到年底,林彬回来了。她才48岁,又黑又瘦,头发全白了。林彬一进门,看见瑞平歪歪斜斜拎着一大桶水走过来,当时就哭了。
杜心如实向专案组反映杨勇的情况
杨勇被抓不到一个月,专案组来了三个人到解放军画报社找摄影记者杜心,带来一张杨勇亲笔写的条子。“小杜,我的情况你已知道,你实事求是如实地向他们反映我的情况。”下面是杨勇的签名和日期。“实事求是”,还加上“如实”?以后杨勇对杜心说“如实”是他特意加上的。杜心问:“杨勇关在什么地方?”专案组说:“不能告诉你,你没有权力知道。”杜心问:“他是什么性质的问题?”“他搞大比武,他是得力干将,让部队走歪路。”杜心说:“我知道,大比武是毛主席批准的,你们不是也执行了吗?”“不要辩论。”最凶的专案组员粗暴地制止。杜心说:“这是事实。”
1965年上海会议后的一天,杨勇对杜心说:“小杜,开始整罗大将了,我认为罗大将是一名优秀的指挥员。我正大光明,他们要我交代大比武,大比武是毛主席叫搞的,你在现场你知道,军队不训练那是土匪,严格训练才是部队。”杜心理直气壮地对专案组说:“我当时在现场拍摄大比武,我亲耳听见毛主席对杨勇说,‘你的部队很好,练了一手过硬的本领,我看了很满意。’毛主席还带头站起来鼓掌,叫杨勇把新式步枪拿来给他看。你也去调查调查,看是不是这样的情况?”
专案组问:“我们不在现场,用你记者的眼光看,杨勇是不是把部队带上歪路,搞修正主义那一套?他不跟毛主席跟罗瑞卿,是资产阶级司令部的人。”杜心是资深记者,他知道笔录的厉害,光有答话没有问话,你不知道他会用在什么地方。杜心说:“把你的问话先写上,否则我不回答。”这一着聪明,你甭想往笔录里乱加内容。专案组不写,杜心说:“你不写上我也不说。”直到专案组把他们的问话写上,杜心才说:“以我多年观察的眼光看,杨勇一贯对部队训练严格,过去有句话,叫严师出高徒,只有严格训练,才能培养过硬的军队。”专案组大叫:“你这人反动!”杜心说:“你来吧,你贴大字报,不要这样叫。”
谈不下去,专案组只好转到第二个问题,拿出杜心在朝鲜拍的照片,让杜心回答在什么地方拍的,然后说:“杨勇出卖国家土地和机密给朝鲜,是朝鲜修正主义分子。”等他把问话记上,杜心说:“完全是胡说八道,我在朝鲜,参加了志愿军总部的所有会议,如果你不相信,可以去问李志民(1955年任志愿军政治委员),可以到军事博物馆查。如果我说的不对,我去坐牢。

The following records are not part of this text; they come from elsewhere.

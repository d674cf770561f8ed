-- ===== src/Condition/Numeric.antt =====
-- policy/condition/numericfunc.go: the condition functions on numbers.
use silo_pkg.Prelude.{List, [], ◌∷◌, Bool, true, false, not, Option, none, some}
use silo_pkg.Prelude.Bytes.{Bytes}
use silo_pkg.Prelude.Ints.{ℤ, ltb_ℤ, leb_ℤ, eqb_ℤ, atoi}
use silo_pkg.Condition.Values.{Values}
use silo_pkg.Condition.Keys.{Key, get_values_by_key}
use silo_pkg.Condition.Name.{
  Name, numeric_equals, numeric_not_equals, numeric_less_than, numeric_less_than_equals,
  numeric_greater_than, numeric_greater_than_if_exists, numeric_greater_than_equals,
}
use silo_pkg.Condition.Value.{string_value, int_value, bool_value, invalid_value, ValueSet}

-- `condition` of func.go
pub data Comparison : Type 0 where
  equals : Comparison
  not_equals : Comparison
  greater_than : Comparison
  greater_than_equals : Comparison
  less_than : Comparison
  less_than_equals : Comparison

-- `numericFunc`
pub record NumericFunc : Type 0 where
  pub n : Name
  pub k : Key
  pub value : ℤ
  pub c : Comparison
  pub if_exists : Bool

-- the switch of `evaluate`, on the number of the request and that of the condition
unfoldable pub compare : Comparison → ℤ → ℤ → Bool
compare equals rv value = eqb_ℤ rv value
compare not_equals rv value = not (eqb_ℤ rv value)
compare greater_than rv value = ltb_ℤ value rv
compare greater_than_equals rv value = leb_ℤ value rv
compare less_than rv value = ltb_ℤ rv value
compare less_than_equals rv value = leb_ℤ rv value

-- A value that is no number meets no condition.
unfoldable pub number_test : NumericFunc → Option ℤ → Bool
unfolding compare
number_test f none = false
number_test f (some rv) = compare f.c rv f.value

unfoldable pub first_number_test : NumericFunc → List Bytes → Bool
unfolding number_test
first_number_test f [] = f.if_exists
first_number_test f (v ∷ rvalues) = number_test f (atoi v)

-- `numericFunc.evaluate`
unfoldable pub numeric_evaluate : NumericFunc → Values → Bool
unfolding first_number_test
numeric_evaluate f values = first_number_test f (get_values_by_key values f.k)

-- `valueToInt`; `none` is the error
unfoldable pub value_to_int : ValueSet → Option ℤ
unfolding atoi
value_to_int [] = none
value_to_int (int_value i ∷ []) = some i
value_to_int (string_value s ∷ []) = atoi s
value_to_int (bool_value b ∷ []) = none
value_to_int (invalid_value ∷ []) = none
value_to_int (v ∷ w ∷ values) = none

unfoldable pub numeric_with : Bytes → Bool → Key → Comparison → Option ℤ → Option NumericFunc
numeric_with n if_exists key cond none = none
numeric_with n if_exists key cond (some v) = some (record {
  n = record { qualifier = []; name = n };
  k = key;
  value = v;
  c = cond;
  if_exists = if_exists;
})

-- `newNumericFunc`
unfoldable pub new_numeric_func : Bytes → Bool → Key → ValueSet → Comparison → Option NumericFunc
unfolding numeric_with value_to_int
new_numeric_func n if_exists key values cond =
    numeric_with n if_exists key cond (value_to_int values)

-- `newNumericEqualsFunc` and its siblings; the qualifier is not used
unfoldable pub new_numeric_equals_func : Key → ValueSet → Bytes → Option NumericFunc
unfolding new_numeric_func
new_numeric_equals_func key values qualifier =
    new_numeric_func numeric_equals false key values equals

unfoldable pub new_numeric_not_equals_func : Key → ValueSet → Bytes → Option NumericFunc
unfolding new_numeric_func
new_numeric_not_equals_func key values qualifier =
    new_numeric_func numeric_not_equals false key values not_equals

unfoldable pub new_numeric_greater_than_func : Key → ValueSet → Bytes → Option NumericFunc
unfolding new_numeric_func
new_numeric_greater_than_func key values qualifier =
    new_numeric_func numeric_greater_than false key values greater_than

unfoldable pub new_numeric_greater_than_if_exists_func : Key → ValueSet → Bytes → Option NumericFunc
unfolding new_numeric_func
new_numeric_greater_than_if_exists_func key values qualifier =
    new_numeric_func numeric_greater_than_if_exists true key values greater_than

unfoldable pub new_numeric_greater_than_equals_func : Key → ValueSet → Bytes → Option NumericFunc
unfolding new_numeric_func
new_numeric_greater_than_equals_func key values qualifier =
    new_numeric_func numeric_greater_than_equals false key values greater_than_equals

unfoldable pub new_numeric_less_than_func : Key → ValueSet → Bytes → Option NumericFunc
unfolding new_numeric_func
new_numeric_less_than_func key values qualifier =
    new_numeric_func numeric_less_than false key values less_than

unfoldable pub new_numeric_less_than_equals_func : Key → ValueSet → Bytes → Option NumericFunc
unfolding new_numeric_func
new_numeric_less_than_equals_func key values qualifier =
    new_numeric_func numeric_less_than_equals false key values less_than_equals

”专案组说:“你敢这样保证,他在朝鲜没有秘密活动?”杜心说:“杨勇夫人有交代,他有肺气肿,警卫员不懂,让我跟着他。杨勇走到哪我跟到哪,寸步不离,我保证他没有非法活动。”来人不信,杜心说:“既然你们认为我没资格回答,就不要找我谈了。”“好,这个问题过去。第三个问题,你跟杨勇多年,他有没有反毛主席的言行?”杜心想也没想坚决地说:“没有。”“怎么没有?”“你们说有,你们自己写上,我接触就没有。”杜心讲杨勇和崔庸健(朝鲜民主主义人民共和国副主席、人民军最高司令部副司令)在毛岸英墓前祭酒的故事,其中两个专案组员流下了眼泪。只有那个最凶的专案组员没哭,还铁石心肠说“杜心是保皇派”。杜心说:“你的行动将来历史会作结论。”专案组将笔录让杜心看完后签字。后来专案组对杨勇说:“杜心厉害,他那个重磅炮弹没炸出来。”杨勇叹口气说:“小杜要吃亏了。”